Пионеры, идите в жопу!

Тяжело быть маленьким толстым пионером. В шесть утра надевать колючие колготы, которые через полчаса уже сползут и соберутся в складки на коленях, платье, передник, завязывать галстук правильным узлом — а не как некоторые, вроде косынки на шее. На классном часе вчера обсуждали, что у настоящего пионера галстук для гордости, а не для красоты. Пасютина вызвали к доске и отчитали, потому что он на переменах снимает галстук и прячет в карман, а потом носит мятый. Пасютин — хулиган и позор класса. Он залез на подоконник и кричал оттуда ужасную частушку про Ленина — «Это что за мужичок лезет на броневичок, кепку мятую он носит, букву «р» не произносит», — и все смеялись, а я подошла и сказала, что если он будет так себя вести, его исключат из пионеров.

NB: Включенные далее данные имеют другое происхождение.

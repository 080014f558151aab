-- ===== src/Controllers/Auth.antt =====
-- src/modules/auth/auth.controller.ts.
pub mod Session
pub mod Tests
use multi_tenant_saas_gatewa.Common.{ℕ, String, ◌≡◌, Option, some}
use multi_tenant_saas_gatewa.Common.Outcome.{Result, ok, throw, M, pure, ◌>>=◌}
use multi_tenant_saas_gatewa.Gateway.{Gateway, State}
use multi_tenant_saas_gatewa.Auth.{
  AuthenticatedUser, RegisterDto, LoginDto, RefreshTokenDto, ForgotPasswordDto, ResetPasswordDto,
  ChangePasswordDto, TokenConfig, TokenResponseDto, generate,
}
use multi_tenant_saas_gatewa.Auth
use multi_tenant_saas_gatewa.Http.Request.{Request}
use multi_tenant_saas_gatewa.Http.Filter.{Response}
use multi_tenant_saas_gatewa.Controllers.{Context, lift, admit, admit_public, serve}

-- The routes, with their bodies, the texts that the services draw, and the readings of the clock.
pub data Route : Type 0 where
  registration : RegisterDto → String → Route
  log_in : LoginDto → ℕ → Route
  refreshing : RefreshTokenDto → Route
  me : Route
  forgotten : ForgotPasswordDto → String → ℕ → Route
  resetting : ResetPasswordDto → String → ℕ → Route
  changing : ChangePasswordDto → String → Route

pub data Reply : Type 0 where
  tokens : TokenResponseDto → Reply
  current : AuthenticatedUser → Reply
  message : String → Reply
  nothing : Reply

module _ (g : Gateway) (cfg : TokenConfig) (sha256 : String → String) (c : Context) where
  unfoldable pub register : RegisterDto → String → M (State g) TokenResponseDto
  register dto salt = Auth.register g dto salt >>= λ u. lift (generate c.jwt cfg u)

  unfoldable pub login : LoginDto → ℕ → M (State g) TokenResponseDto
  login dto now = Auth.login g dto now >>= λ u. lift (generate c.jwt cfg u)

  unfoldable pub refresh_token : RefreshTokenDto → M (State g) TokenResponseDto
  refresh_token dto =
      Auth.refresh g c.jwt cfg.refresh_secret dto >>= λ u. lift (generate c.jwt cfg u)

  unfoldable pub get_current_user : AuthenticatedUser → M (State g) AuthenticatedUser
  get_current_user user = pure user

  unfoldable pub forgot_password : ForgotPasswordDto → String → ℕ → M (State g) String
  forgot_password dto raw_token now = Auth.request_reset g sha256 dto raw_token now

  unfoldable pub reset_password : ResetPasswordDto → String → ℕ → M (State g) (Unit {0})
  reset_password dto salt now = Auth.reset_password g sha256 dto salt now

  unfoldable pub change_password :
      AuthenticatedUser → ChangePasswordDto → String → M (State g) (Unit {0})
  change_password user dto salt = Auth.change_password g user.user_id user.tenant_id dto salt

  -- A route behind its guards, with the status of its answer: `@HttpCode`, or what Nest gives the
  -- method.
  unfoldable pub handle : Request → String → ℕ → Route → State g → Response (ℕ × Reply) × State g
  unfolding register login refresh_token get_current_user forgot_password reset_password
      change_password
  handle q uuid timestamp (registration dto salt) =
      serve q uuid timestamp (admit_public q) (λ _. register dto salt >>= λ r. pure (201, tokens r))
  handle q uuid timestamp (log_in dto now) =
      serve q uuid timestamp (admit_public q) (λ _. login dto now >>= λ r. pure (201, tokens r))
  handle q uuid timestamp (refreshing dto) =
      serve q uuid timestamp (admit_public q) (λ _. refresh_token dto >>= λ r. pure (201, tokens r))
  handle q uuid timestamp me =
      serve q uuid timestamp (admit c q) (λ p. get_current_user p.1 >>= λ u. pure (200, current u))
  handle q uuid timestamp (forgotten dto raw_token now) =
      serve q uuid timestamp (admit_public q)
        (λ _. forgot_password dto raw_token now >>= λ m. pure (200, message m))
  handle q uuid timestamp (resetting dto salt now) =
      serve q uuid timestamp (admit_public q)
        (λ _. reset_password dto salt now >>= λ _. pure (204, nothing))
  handle q uuid timestamp (changing dto salt) =
      serve q uuid timestamp (admit c q)
        (λ p. change_password p.1 dto salt >>= λ _. pure (204, nothing))
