-- ===== src/Controllers/Auth/Session.antt =====
-- A login, and the requests that carry its token.
use multi_tenant_saas_gatewa.Common.{ℕ, String, ◌≡◌, refl, ap, ◌∙◌, some, truthy, true, arith}
use multi_tenant_saas_gatewa.Common.Outcome.{ok, pure, ◌>>=◌}
use multi_tenant_saas_gatewa.Database.{Entity, IsLawful}
use multi_tenant_saas_gatewa.Entities.{User}
use multi_tenant_saas_gatewa.Gateway.{Gateway, State}
use multi_tenant_saas_gatewa.Auth.{
  AuthenticatedUser, LoginDto, TokenConfig, TokenResponseDto, generate,
}
use multi_tenant_saas_gatewa.Auth
use multi_tenant_saas_gatewa.Auth.Login.{login_sound}
use multi_tenant_saas_gatewa.Http.Request.{Request}
use multi_tenant_saas_gatewa.Http.Filter.{answered, respond}
use multi_tenant_saas_gatewa.Http.Middleware.{resolve_tenant}
use multi_tenant_saas_gatewa.Http.Guards.{jwt_guard, IsLawfulJwt, generate-jwt_guard}
use multi_tenant_saas_gatewa.Controllers.{
  Context, lift, admit, admit_public, serve, serve_answered, after_answered,
}
use multi_tenant_saas_gatewa.Controllers.Auth.{
  login, log_in, me, tokens, current, handle, get_current_user,
}

module _ (g : Gateway) (U : IsLawful g.users) (cfg : TokenConfig) (sha256 : String → String)
    (c : Context) where
  -- What a login that is answered has done.
  login_inversion :
      (dto : LoginDto) (now timestamp : ℕ) (uuid : String) (q : Request) (s s' : State g)
      (r : TokenResponseDto)
      → handle g cfg sha256 c q uuid timestamp (log_in dto now) s ≡ (answered (201, tokens r), s')
      → (u : Entity User) × (Auth.login g dto now s ≡ (ok u, s')) × (generate c.jwt cfg u ≡ ok r)
  unfolding handle admit_public login
  login_inversion dto now timestamp uuid q s s' r h =
      let (t, s₁, resolved, run₁) =
        serve_answered q uuid timestamp (admit_public q)
          (λ _. login g cfg sha256 c dto now >>= λ r. pure (201, tokens r)) s s' (201, tokens r)
          h in
      let (d, s₂, logged, last) =
        after_answered (login g cfg sha256 c dto now s₁) (λ r. pure (201, tokens r)) (201, tokens r)
          s' run₁ in
      let (u, s₃, found, made) =
        after_answered (Auth.login g dto now s₁) (λ u. lift (generate c.jwt cfg u)) d s₂ logged in
      (u, ground (arith, resolved, found, made, last), ground (arith, made, last))

  -- Where the configured secret is not empty and is the one of the guard, and a signed token verifies
  -- with its secret: a login that is answered at the endpoint gives a token that the endpoint for the
  -- current user accepts in every request that has a tenant; it answers with the given email and
  -- tenant, and the id of a stored user of that tenant and email that the password fits.
  pub login-me :
      (law : IsLawfulJwt c.jwt) (dto : LoginDto) (now timestamp : ℕ) (uuid : String)
      (q q' : Request) (s s' : State g) (r : TokenResponseDto) (tenant_id : String)
      → truthy cfg.jwt_secret ≡ some c.secret
      → handle g cfg sha256 c q uuid timestamp (log_in dto now) s ≡ (answered (201, tokens r), s')
      → q'.bearer_token ≡ some r.access_token
      → resolve_tenant q' ≡ ok tenant_id
      → (old : Entity User) × (U.row s.users old.id ≡ some old)
        × (old.own.tenant_id ≡ dto.tenant_id)
        × (old.own.email ≡ dto.email)
        × (g.bcrypt.compare dto.password old.own.password_hash ≡ true)
        × (handle g cfg sha256 c q' uuid timestamp me s' ≡ (
          answered (
            200,
            current (record { user_id = old.id; email = dto.email; tenant_id = dto.tenant_id }),
          ),
          s',
        ))
  unfolding handle serve respond admit get_current_user
  login-me law dto now timestamp uuid q q' s s' r tenant_id configured h carried resolved =
      let (u, logged, made) = login_inversion dto now timestamp uuid q s s' r h in
      let (old, row, tenant, email, fits, allowed, own, rows, rest) =
        login_sound g U dto now s s' u logged in
      let accepted : jwt_guard c.jwt c.secret q'
          ≡ ok (record { user_id = u.id; email = u.own.email; tenant_id = u.own.tenant_id }) =
        generate-jwt_guard c.jwt law cfg c.secret u r q' configured made carried in
      let same_id : u.id ≡ old.id = U.row_id s'.users old.id u (ground (arith, rows old.id)) in
      let user : AuthenticatedUser = record {
        user_id = u.id;
        email = u.own.email;
        tenant_id = u.own.tenant_id;
      } in
      let answers : handle g cfg sha256 c q' uuid timestamp me s'
          ≡ (answered (200, current user), s') =
        rw (resolved, accepted) refl in
      let known : user ≡ record { user_id = old.id; email = dto.email; tenant_id = dto.tenant_id } =
        ground (arith, same_id, own, email, tenant) in
      (old, row, tenant, email, fits, answers ∙ ap (λ w. (answered (200, current w), s')) known)
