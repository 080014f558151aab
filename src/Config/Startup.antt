-- ===== src/Config/Startup.antt =====
-- A gateway that has started: its environment was accepted, and its parts are configured from it.
use multi_tenant_saas_gatewa.Common.{
  ℕ, String, ◌≡◌, refl, ap, ◌∙◌, ◌↔◌, ◌⊎◌, inl, inr, Bool, true, false, not, none, some, List, [],
  ◌∷◌, filter, any, Option-cases, ite, arith, truthy, get_or,
}
use multi_tenant_saas_gatewa.Common.Outcome.{ok}
use multi_tenant_saas_gatewa.Database.{Entity, IsLawful}
use multi_tenant_saas_gatewa.Entities.{User}
use multi_tenant_saas_gatewa.Gateway.{Gateway, State}
use multi_tenant_saas_gatewa.Auth.{Jwt, TokenResponseDto, LoginDto}
use multi_tenant_saas_gatewa.Http.Request.{Request}
use multi_tenant_saas_gatewa.Http.Filter.{answered}
use multi_tenant_saas_gatewa.Http.Guards.{IsLawfulJwt}
use multi_tenant_saas_gatewa.Http.Middleware.{resolve_tenant}
use multi_tenant_saas_gatewa.Controllers.{Context}
use multi_tenant_saas_gatewa.Controllers.Auth.{log_in, me, tokens, current, handle}
use multi_tenant_saas_gatewa.Controllers.Auth.Session.{login-me}
use multi_tenant_saas_gatewa.Config.{
  Joi, IsLawfulJoi, Env, NodeEnv, accepted, EnvironmentVariables, validate, node_env_of, converted,
}
use multi_tenant_saas_gatewa.Config.Required.{Provided, validate-Tested, validate_required}
use multi_tenant_saas_gatewa.Config.Options.{
  Class, tenant, user, role, permission, api_key, audit_log, webhook, password_reset_token,
  database_module, token_config, strategy_secret, data_source, is_development,
}

converted-development :
    (t : String) (n : NodeEnv)
    → converted "NODE_ENV" (node_env_of t) ≡ accepted n
    → (is_development n ≡ true) ↔ (t ≡ "development")
converted-development t n h = (λ d. ground (arith, h, d), λ e. ground (arith, h, e))

provided :
    {env : Env} {key s : String} (d : String) → Provided env key s → get_or (truthy (env key)) d ≡ s
provided d p = rw p.is_set (ground (arith, p.not_empty))

Class-discrete : Discrete Class
Class-discrete = hlevel

-- The classes that the modules name in `forFeature`.
abbrev pub features : List Class
features =
    user ∷ tenant ∷ password_reset_token ∷ role ∷ permission ∷ api_key ∷ audit_log ∷ webhook ∷ []

-- The pipeline of a gateway with this configuration.
abbrev pub context_of : {J : Joi} → EnvironmentVariables J → Jwt → (String → Bool) → Context
context_of v jwt is_uuid = record { jwt = jwt; secret = strategy_secret v; is_uuid = is_uuid }

module _ (J : Joi) (law : IsLawfulJoi J) (env : Env) (v : EnvironmentVariables J) where
  strategy_secret-token_config :
      validate J env ≡ accepted v → truthy (token_config v).jwt_secret ≡ some (strategy_secret v)
  unfolding strategy_secret token_config
  strategy_secret-token_config h =
      let (host, login_name, password, database, jwt_secret, refresh_secret) =
        validate_required J law env v h in
      ground (arith, jwt_secret.not_empty)

  -- Where the environment was accepted and a signed token verifies with its secret: a login that is
  -- answered at the endpoint gives a token that the endpoint for the current user accepts in every
  -- request that has a tenant, and it answers with a stored user of the given email and tenant that
  -- the password fits.
  pub login-me_started :
      (g : Gateway) (U : IsLawful g.users) (sha256 : String → String) (jwt : Jwt)
      (is_uuid : String → Bool) (lawful : IsLawfulJwt jwt) (dto : LoginDto) (now timestamp : ℕ)
      (uuid : String) (q q' : Request) (s s' : State g) (r : TokenResponseDto) (tenant_id : String)
      → validate J env ≡ accepted v
      → handle g
          (token_config v)
          sha256
          (context_of v jwt is_uuid)
          q
          uuid
          timestamp
          (log_in dto now)
          s
        ≡ (answered (201, tokens r), s')
      → q'.bearer_token ≡ some r.access_token
      → resolve_tenant q' ≡ ok tenant_id
      → (old : Entity User) × (U.row s.users old.id ≡ some old)
        × (old.own.tenant_id ≡ dto.tenant_id)
        × (old.own.email ≡ dto.email)
        × (g.bcrypt.compare dto.password old.own.password_hash ≡ true)
        × (handle g (token_config v) sha256 (context_of v jwt is_uuid) q' uuid timestamp me s' ≡ (
          answered (
            200,
            current (record { user_id = old.id; email = dto.email; tenant_id = dto.tenant_id }),
          ),
          s',
        ))
  login-me_started g U sha256 jwt is_uuid lawful dto now timestamp uuid q q' s s' r tenant_id
        started h carried resolved =
      login-me g U (token_config v) sha256 (context_of v jwt is_uuid) lawful dto now timestamp uuid
        q q' s s' r tenant_id (strategy_secret-token_config started) h carried resolved

  -- The migrations run on the database that the gateway runs on, and never change its schema by
  -- themselves.
  pub data_source-database_module :
      (parse_int : String → J.Number)
      → validate J env ≡ accepted v
      → ((data_source parse_int env).host ≡ (database_module v).host)
        × ((data_source parse_int env).username ≡ (database_module v).username)
        × ((data_source parse_int env).password ≡ (database_module v).password)
        × ((data_source parse_int env).database ≡ (database_module v).database)
        × ((data_source parse_int env).synchronize ≡ false)
  unfolding data_source database_module
  data_source-database_module parse_int h =
      let (host, login_name, password, database, jwt_secret, refresh_secret) =
        validate_required J law env v h in
      (
        provided "localhost" host,
        provided "gateway_user" login_name,
        provided "gateway_password" password,
        provided "saas_gateway_db" database,
        refl,
      )

module _ (J : Joi) (env : Env) (v : EnvironmentVariables J) where
  -- A gateway whose environment was accepted lets TypeORM change the schema of the database exactly
  -- where NODE_ENV is missing or is "development".
  pub synchronize_iff :
      validate J env ≡ accepted v
      → ((database_module v).synchronize ≡ true)
        ↔ ((env "NODE_ENV" ≡ none) ⊎ (env "NODE_ENV" ≡ some "development"))
  unfolding database_module
  synchronize_iff h =
      let tested = (validate-Tested J env v h).node_env in
      elim (Option-cases (env "NODE_ENV")) [
        | inl missing ↦ (λ _. inl missing, λ _. ground (arith, tested, missing))
        | inr (t, found) ↦
            let (only, all) = converted-development t v.node_env (ground (arith, tested, found)) in
            (λ h. inr (found ∙ ap (λ x. some x) (only h)), λ h. all (ground (arith, h, found)))
      ]

pub unregistered : {J : Joi} → EnvironmentVariables J → List Class
unfolding database_module Class-discrete
unregistered v =
    filter (λ c. not (any (λ d. ite (Class-discrete c d) true false) (database_module v).entities))
      features

-- Whatever the environment: of the entities whose repositories the modules ask for, exactly the
-- tokens for the reset of a password and the webhooks are not registered with the connection of the
-- gateway.
unregistered_lem :
    {J : Joi} (v : EnvironmentVariables J) → unregistered v ≡ password_reset_token ∷ webhook ∷ []
unfolding unregistered
unregistered_lem v = refl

«Дура очкастая, — ответил он, — жаловаться побежишь?»

Пасютин в моем тимуровском звене. Вожатая дала нам первое задание — навестить ветерана.

«Это очень важный ветеран, — объяснила вожатая. — Персональный! Вручите ему открытку, поздравите и спросите, чем помочь».

Я волновалась, представляла, как мы придем с гвоздиками, как он нам обрадуется, будет поить чаем и рассказывать про боевые подвиги.

Ветеран встретил нас в трусах и майке.

— От имени пионерской организации поздравляем вас с шестьдесят седьмой годовщиной революции, — прокричала я.

— Идите в жопу, — сказал ветеран и захлопнул дверь.

Очкарик-в попе-шарикФото: из личного архива автора

Я не поняла. Я, конечно, знала, что есть такое слово, были слова и похуже, но не от персонального же ветерана! Я позвонила еще раз. И еще. Я давила на кнопку звонка, пока из соседней квартиры не вышла тетка в халате и не выгнала все наше тимуровское звено из подъезда.

— Чего ты ревешь, — сказал мне Пасютин на улице. — Нормальный дед, мой тоже всех посылает. Вожатой только не стучи, слышишь?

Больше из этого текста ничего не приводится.